- _Work instruction_
Copy word for word, please, the lines of the entries below running from the one containing "erase_last e = record" to the one containing "drop_sequence e = record", both ends included.

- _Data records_
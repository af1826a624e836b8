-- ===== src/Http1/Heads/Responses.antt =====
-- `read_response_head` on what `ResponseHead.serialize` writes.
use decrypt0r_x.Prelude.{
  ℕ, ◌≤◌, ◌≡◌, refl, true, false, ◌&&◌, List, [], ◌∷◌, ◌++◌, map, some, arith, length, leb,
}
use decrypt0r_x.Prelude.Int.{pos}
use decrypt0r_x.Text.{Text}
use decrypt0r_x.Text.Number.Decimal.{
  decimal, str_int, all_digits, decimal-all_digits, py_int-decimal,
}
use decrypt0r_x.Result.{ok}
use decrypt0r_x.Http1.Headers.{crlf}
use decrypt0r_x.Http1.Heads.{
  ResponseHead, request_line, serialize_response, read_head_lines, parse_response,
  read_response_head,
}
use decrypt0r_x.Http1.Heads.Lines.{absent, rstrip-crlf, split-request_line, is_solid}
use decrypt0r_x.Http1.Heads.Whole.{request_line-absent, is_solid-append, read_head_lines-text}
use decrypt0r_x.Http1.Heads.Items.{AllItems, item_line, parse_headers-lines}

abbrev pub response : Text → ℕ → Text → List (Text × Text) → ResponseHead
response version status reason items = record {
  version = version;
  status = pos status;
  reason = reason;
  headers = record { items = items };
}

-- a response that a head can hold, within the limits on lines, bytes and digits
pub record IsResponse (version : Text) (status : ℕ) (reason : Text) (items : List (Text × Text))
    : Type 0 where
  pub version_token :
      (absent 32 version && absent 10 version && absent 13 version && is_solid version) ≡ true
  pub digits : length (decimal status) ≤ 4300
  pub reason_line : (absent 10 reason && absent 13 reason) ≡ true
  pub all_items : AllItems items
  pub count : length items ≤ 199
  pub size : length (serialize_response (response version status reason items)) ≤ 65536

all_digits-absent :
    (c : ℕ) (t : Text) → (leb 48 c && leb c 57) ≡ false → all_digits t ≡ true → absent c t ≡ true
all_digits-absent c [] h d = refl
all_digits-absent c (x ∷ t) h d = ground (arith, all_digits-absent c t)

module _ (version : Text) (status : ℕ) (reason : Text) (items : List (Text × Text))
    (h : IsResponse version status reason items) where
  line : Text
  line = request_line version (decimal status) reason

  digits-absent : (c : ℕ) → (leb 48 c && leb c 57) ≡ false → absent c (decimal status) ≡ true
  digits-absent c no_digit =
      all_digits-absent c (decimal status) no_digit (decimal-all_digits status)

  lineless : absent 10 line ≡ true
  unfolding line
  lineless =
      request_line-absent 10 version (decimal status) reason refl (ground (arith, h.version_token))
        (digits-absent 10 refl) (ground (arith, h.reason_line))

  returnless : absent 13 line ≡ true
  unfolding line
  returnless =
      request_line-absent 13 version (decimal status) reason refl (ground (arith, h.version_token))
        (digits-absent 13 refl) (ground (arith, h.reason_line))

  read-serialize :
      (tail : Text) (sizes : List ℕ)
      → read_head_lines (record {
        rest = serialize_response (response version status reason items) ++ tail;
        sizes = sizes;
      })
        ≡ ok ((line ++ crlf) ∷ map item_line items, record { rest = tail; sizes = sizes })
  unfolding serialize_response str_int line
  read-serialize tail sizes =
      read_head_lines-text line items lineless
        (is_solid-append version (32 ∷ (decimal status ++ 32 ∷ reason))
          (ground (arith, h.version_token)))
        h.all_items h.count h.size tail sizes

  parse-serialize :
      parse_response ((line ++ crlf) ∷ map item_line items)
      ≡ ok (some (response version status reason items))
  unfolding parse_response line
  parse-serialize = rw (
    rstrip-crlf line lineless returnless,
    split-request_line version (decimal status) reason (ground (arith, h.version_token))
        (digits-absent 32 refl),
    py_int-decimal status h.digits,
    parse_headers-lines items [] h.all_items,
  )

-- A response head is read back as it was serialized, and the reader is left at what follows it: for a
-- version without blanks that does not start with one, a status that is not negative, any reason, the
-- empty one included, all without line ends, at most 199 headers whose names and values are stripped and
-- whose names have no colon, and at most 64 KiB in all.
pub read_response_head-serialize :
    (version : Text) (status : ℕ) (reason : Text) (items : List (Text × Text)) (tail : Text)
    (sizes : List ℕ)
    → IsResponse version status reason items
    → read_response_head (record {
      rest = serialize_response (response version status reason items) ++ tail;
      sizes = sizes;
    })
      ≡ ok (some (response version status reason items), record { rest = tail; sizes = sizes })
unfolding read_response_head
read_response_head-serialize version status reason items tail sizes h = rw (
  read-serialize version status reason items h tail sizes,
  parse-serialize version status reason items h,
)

* * *

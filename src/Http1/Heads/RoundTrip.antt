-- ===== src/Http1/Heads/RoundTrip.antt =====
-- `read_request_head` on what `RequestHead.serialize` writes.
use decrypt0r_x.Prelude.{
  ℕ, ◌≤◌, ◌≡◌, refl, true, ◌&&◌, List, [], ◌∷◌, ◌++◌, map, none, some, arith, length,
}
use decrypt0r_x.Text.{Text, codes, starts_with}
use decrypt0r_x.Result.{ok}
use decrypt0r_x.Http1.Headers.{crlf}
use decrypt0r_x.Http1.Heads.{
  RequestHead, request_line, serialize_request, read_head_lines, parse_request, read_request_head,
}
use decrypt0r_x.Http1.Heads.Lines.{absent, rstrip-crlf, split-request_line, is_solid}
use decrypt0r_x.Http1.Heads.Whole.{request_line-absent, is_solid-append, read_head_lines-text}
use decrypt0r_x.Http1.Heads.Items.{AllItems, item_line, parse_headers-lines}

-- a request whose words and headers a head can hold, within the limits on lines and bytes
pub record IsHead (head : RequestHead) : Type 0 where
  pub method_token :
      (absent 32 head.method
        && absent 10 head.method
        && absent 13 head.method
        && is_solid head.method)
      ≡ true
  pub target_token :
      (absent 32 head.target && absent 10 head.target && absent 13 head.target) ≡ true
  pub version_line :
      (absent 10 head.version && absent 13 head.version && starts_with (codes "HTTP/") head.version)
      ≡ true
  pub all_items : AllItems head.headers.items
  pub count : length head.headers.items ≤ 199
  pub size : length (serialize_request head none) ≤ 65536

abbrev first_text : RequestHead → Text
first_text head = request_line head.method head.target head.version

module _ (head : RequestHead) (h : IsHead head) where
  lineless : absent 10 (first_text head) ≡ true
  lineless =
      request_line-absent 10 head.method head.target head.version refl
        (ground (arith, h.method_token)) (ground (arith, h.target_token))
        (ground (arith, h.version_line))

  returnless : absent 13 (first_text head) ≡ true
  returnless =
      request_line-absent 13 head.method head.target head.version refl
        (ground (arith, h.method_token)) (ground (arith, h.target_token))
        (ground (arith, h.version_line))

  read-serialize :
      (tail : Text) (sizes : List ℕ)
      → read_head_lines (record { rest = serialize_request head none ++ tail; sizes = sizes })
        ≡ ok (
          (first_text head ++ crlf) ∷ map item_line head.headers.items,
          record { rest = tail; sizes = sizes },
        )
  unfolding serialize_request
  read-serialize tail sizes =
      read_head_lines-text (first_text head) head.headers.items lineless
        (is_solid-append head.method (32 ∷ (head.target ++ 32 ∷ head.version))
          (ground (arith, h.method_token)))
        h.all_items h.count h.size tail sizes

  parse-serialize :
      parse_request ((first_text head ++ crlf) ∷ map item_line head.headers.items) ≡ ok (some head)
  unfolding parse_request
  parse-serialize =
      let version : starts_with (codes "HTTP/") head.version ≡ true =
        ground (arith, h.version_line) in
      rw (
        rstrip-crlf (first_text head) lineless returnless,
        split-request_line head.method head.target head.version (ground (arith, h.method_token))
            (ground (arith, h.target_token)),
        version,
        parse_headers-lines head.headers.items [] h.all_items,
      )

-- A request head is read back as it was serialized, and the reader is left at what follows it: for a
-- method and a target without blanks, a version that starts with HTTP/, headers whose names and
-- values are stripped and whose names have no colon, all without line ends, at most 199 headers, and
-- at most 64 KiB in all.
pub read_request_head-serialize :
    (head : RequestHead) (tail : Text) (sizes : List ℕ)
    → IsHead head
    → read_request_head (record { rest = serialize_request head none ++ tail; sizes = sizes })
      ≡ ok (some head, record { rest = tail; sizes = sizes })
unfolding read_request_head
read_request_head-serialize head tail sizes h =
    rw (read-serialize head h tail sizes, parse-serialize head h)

...

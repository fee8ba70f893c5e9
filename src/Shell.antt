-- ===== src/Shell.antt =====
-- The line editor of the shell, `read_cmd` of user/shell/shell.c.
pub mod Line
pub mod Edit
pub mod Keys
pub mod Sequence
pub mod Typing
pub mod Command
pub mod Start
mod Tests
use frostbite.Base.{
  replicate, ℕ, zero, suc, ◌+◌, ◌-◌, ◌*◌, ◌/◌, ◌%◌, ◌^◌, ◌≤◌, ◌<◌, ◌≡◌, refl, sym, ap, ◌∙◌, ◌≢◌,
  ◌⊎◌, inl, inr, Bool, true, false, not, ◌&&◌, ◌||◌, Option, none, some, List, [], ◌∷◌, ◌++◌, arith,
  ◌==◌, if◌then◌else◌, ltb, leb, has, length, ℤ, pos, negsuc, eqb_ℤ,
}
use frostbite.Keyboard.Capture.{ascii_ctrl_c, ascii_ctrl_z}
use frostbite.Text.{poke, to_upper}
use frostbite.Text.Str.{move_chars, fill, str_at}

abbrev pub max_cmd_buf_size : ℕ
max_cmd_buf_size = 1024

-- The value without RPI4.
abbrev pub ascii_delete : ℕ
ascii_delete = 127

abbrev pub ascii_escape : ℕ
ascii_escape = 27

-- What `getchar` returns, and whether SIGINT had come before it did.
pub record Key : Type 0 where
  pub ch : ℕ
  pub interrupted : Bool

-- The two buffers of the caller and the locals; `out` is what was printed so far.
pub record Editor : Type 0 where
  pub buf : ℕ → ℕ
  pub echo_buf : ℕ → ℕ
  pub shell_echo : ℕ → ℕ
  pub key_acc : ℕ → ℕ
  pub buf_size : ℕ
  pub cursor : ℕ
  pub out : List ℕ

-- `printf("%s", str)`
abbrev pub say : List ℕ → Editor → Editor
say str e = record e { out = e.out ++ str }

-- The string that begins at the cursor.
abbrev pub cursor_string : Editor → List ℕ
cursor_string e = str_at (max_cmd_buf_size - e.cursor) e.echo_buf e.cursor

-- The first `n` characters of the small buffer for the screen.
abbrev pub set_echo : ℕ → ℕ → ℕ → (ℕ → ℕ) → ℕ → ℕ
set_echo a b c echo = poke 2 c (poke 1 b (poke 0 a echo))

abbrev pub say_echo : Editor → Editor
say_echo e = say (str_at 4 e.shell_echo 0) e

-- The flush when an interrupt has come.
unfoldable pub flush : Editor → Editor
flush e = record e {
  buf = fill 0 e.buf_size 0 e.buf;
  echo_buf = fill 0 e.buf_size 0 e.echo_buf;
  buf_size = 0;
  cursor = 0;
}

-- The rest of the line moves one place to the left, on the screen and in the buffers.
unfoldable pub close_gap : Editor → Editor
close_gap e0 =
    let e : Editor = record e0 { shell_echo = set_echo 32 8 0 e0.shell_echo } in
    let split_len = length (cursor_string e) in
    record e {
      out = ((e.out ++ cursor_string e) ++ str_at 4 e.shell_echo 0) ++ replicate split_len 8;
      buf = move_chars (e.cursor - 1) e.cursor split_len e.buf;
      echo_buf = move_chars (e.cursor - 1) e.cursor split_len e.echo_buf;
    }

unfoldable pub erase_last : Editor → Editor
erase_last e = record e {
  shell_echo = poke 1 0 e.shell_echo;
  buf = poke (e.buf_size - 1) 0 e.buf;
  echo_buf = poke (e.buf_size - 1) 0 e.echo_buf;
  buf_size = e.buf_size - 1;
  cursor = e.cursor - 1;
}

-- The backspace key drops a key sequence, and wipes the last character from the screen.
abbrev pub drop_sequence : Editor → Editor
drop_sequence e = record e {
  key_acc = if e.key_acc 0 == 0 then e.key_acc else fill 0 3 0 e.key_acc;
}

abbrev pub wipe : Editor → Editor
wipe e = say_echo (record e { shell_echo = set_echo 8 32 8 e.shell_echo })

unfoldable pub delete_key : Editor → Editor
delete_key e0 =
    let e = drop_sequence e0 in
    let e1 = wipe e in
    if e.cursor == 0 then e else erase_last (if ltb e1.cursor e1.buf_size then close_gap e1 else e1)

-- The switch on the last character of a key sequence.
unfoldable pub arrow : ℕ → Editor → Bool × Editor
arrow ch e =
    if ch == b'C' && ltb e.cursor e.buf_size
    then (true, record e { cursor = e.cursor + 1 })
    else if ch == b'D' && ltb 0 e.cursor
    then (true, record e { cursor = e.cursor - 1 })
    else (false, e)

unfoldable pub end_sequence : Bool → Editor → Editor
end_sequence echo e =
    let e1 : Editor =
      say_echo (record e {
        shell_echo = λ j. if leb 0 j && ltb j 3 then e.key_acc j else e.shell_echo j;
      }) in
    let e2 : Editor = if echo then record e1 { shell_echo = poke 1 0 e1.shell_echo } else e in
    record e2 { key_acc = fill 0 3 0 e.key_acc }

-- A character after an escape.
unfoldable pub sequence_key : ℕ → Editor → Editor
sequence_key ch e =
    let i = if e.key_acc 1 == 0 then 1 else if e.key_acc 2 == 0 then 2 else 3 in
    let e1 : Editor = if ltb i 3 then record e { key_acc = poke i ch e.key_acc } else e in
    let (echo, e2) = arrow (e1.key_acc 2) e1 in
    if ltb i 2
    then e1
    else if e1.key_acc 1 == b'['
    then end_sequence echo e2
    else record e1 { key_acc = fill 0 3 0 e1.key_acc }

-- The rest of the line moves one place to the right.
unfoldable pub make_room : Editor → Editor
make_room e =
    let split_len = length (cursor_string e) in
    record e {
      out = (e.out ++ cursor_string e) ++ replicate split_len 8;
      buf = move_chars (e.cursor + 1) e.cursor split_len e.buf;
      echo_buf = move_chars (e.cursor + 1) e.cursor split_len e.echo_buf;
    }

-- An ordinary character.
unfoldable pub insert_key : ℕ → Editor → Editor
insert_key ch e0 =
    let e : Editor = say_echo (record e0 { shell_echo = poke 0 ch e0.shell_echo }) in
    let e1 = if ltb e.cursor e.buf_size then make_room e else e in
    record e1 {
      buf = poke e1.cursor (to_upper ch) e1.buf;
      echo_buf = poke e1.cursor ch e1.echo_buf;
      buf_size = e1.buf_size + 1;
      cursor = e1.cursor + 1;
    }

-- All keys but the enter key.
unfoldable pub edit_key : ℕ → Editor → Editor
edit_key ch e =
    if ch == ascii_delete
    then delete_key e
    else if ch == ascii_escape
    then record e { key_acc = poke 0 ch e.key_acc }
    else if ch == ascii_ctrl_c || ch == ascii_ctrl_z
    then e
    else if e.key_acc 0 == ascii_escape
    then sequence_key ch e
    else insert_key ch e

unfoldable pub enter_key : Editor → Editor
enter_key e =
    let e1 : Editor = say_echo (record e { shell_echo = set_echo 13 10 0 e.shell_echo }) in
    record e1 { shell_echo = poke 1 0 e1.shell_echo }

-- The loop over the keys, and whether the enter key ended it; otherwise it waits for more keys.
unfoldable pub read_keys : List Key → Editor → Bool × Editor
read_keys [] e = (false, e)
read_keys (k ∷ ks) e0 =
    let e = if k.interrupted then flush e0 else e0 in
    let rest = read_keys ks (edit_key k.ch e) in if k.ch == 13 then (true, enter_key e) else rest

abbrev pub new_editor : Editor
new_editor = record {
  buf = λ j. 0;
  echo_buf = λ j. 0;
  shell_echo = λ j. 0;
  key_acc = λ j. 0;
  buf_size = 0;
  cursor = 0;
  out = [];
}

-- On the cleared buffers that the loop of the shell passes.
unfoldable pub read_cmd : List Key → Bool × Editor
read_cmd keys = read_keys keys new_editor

- _Solution for this exercise_
erase_last e = record e {
  shell_echo = poke 1 0 e.shell_echo;
  buf = poke (e.buf_size - 1) 0 e.buf;
  echo_buf = poke (e.buf_size - 1) 0 e.echo_buf;
  buf_size = e.buf_size - 1;
  cursor = e.cursor - 1;
}

-- The backspace key drops a key sequence, and wipes the last character from the screen.
abbrev pub drop_sequence : Editor → Editor
drop_sequence e = record e {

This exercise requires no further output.